Task item: Using the records below, give again exactly the lines from the line that contains "-- revision before, about" through the line that contains "unfolding review_changes_handoff is_bound_to_next", both ends included, and only those.

Data listing:
....................

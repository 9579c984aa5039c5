-- ===== src/Handoff/Bound.antt =====
-- src/handoff.ts: which handoffs are bound to the next Attempt.
use herdr_harness_lite.Handoff.{
  approved_recovery_handoff, review_changes_handoff, bind_pending_handoff, identify, bound,
  retried_lane,
}
use herdr_harness_lite.Model.Job.{Job, evolve_job}
use herdr_harness_lite.Model.Handoff.{TypedHandoff}
use herdr_harness_lite.Ledger.Handoffs.{is_bound_to_next, ready_state}
use herdr_harness_lite.Model.Attempt.{Attempt, ReviewerResult}
use herdr_harness_lite.Model.Snapshot.{Lane, worker}
use herdr_harness_lite.Base.{◌≡◌, ◌+◌, none, some, arith, String, Option, true}
use herdr_harness_lite.Model.Platform.{Platform}
use herdr_harness_lite.Model.Incident.{Incident, AnalystAdvice, Approval}

-- The handoff is of the revision before, about the same task, and targets exactly this Attempt.
abbrev pub Targets : Job → Attempt → TypedHandoff → Type 0
Targets job attempt h =
    (h.body.version ≡ 1)
    × (h.body.source.job_revision + 1 ≡ job.revision)
    × (h.body.source.task_digest ≡ job.task.digest)
    × (h.body.target.lane ≡ attempt.lane)
    × (h.body.target.base_sha ≡ attempt.base_sha)
    × (h.body.target.expected_head_sha ≡ attempt.expected_head_sha)
    × (h.body.target.expected_remote_head_sha ≡ attempt.expected_remote_head_sha)

-- A handoff that is bound to an Attempt is the pending one of the Job, of version 1, of the
-- revision before, about the same task, and targets the lane and the commits of this Attempt.
pub bound→Targets :
    (job : Job) (attempt : Attempt) (h : TypedHandoff)
    → bind_pending_handoff job attempt ≡ bound (some h)
    → (job.pending_handoff ≡ some h) × Targets job attempt h
unfolding bind_pending_handoff
bound→Targets job attempt h e = ground arith

-- The Job after the revision that hands on: no Attempt is active, and the lane's next one is ready.
abbrev pub handed_on : TypedHandoff → Lane → Job → Job
handed_on h lane j = record j {
  state = ready_state lane;
  active_attempt = none;
  pending_handoff = some h;
}

-- The handoff of an approved recovery, handed on by the next revision of the Job to the lane that
-- the approval retries, satisfies the ledger's condition on a pending handoff.
pub approved_recovery_handoff-bound :
    (platform : Platform) (job : Job) (incident : Incident) (analysis : Option AnalystAdvice)
    (approval : Approval) (at : String)
    → let h = approved_recovery_handoff platform job incident analysis approval at in
      is_bound_to_next (evolve_job job at (handed_on h (retried_lane approval.action))) h ≡ true
unfolding approved_recovery_handoff is_bound_to_next evolve_job identify
approved_recovery_handoff-bound platform job incident analysis approval at = ground arith

-- The handoff of a review with changes, of a Job with a HEAD, handed on by the next revision to the
-- Worker, satisfies the ledger's condition on a pending handoff.
pub review_changes_handoff-bound :
    (platform : Platform) (job : Job) (head : String) (attempt : Attempt) (result : ReviewerResult)
    (at : String)
    → job.head_sha ≡ some head
    → let h = review_changes_handoff platform job head attempt result at in
      is_bound_to_next (evolve_job job at (handed_on h worker)) h ≡ true
unfolding review_changes_handoff is_bound_to_next evolve_job identify
review_changes_handoff-bound platform job head attempt result at e = ground arith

....................

Final answer:
-- revision before, about the same task, and targets the lane and the commits of this Attempt.
pub bound→Targets :
    (job : Job) (attempt : Attempt) (h : TypedHandoff)
    → bind_pending_handoff job attempt ≡ bound (some h)
    → (job.pending_handoff ≡ some h) × Targets job attempt h
unfolding bind_pending_handoff
bound→Targets job attempt h e = ground arith

-- The Job after the revision that hands on: no Attempt is active, and the lane's next one is ready.
abbrev pub handed_on : TypedHandoff → Lane → Job → Job
handed_on h lane j = record j {
  state = ready_state lane;
  active_attempt = none;
  pending_handoff = some h;
}

-- The handoff of an approved recovery, handed on by the next revision of the Job to the lane that
-- the approval retries, satisfies the ledger's condition on a pending handoff.
pub approved_recovery_handoff-bound :
    (platform : Platform) (job : Job) (incident : Incident) (analysis : Option AnalystAdvice)
    (approval : Approval) (at : String)
    → let h = approved_recovery_handoff platform job incident analysis approval at in
      is_bound_to_next (evolve_job job at (handed_on h (retried_lane approval.action))) h ≡ true
unfolding approved_recovery_handoff is_bound_to_next evolve_job identify
approved_recovery_handoff-bound platform job incident analysis approval at = ground arith

-- The handoff of a review with changes, of a Job with a HEAD, handed on by the next revision to the
-- Worker, satisfies the ledger's condition on a pending handoff.
pub review_changes_handoff-bound :
    (platform : Platform) (job : Job) (head : String) (attempt : Attempt) (result : ReviewerResult)
    (at : String)
    → job.head_sha ≡ some head
    → let h = review_changes_handoff platform job head attempt result at in
      is_bound_to_next (evolve_job job at (handed_on h worker)) h ≡ true
unfolding review_changes_handoff is_bound_to_next evolve_job identify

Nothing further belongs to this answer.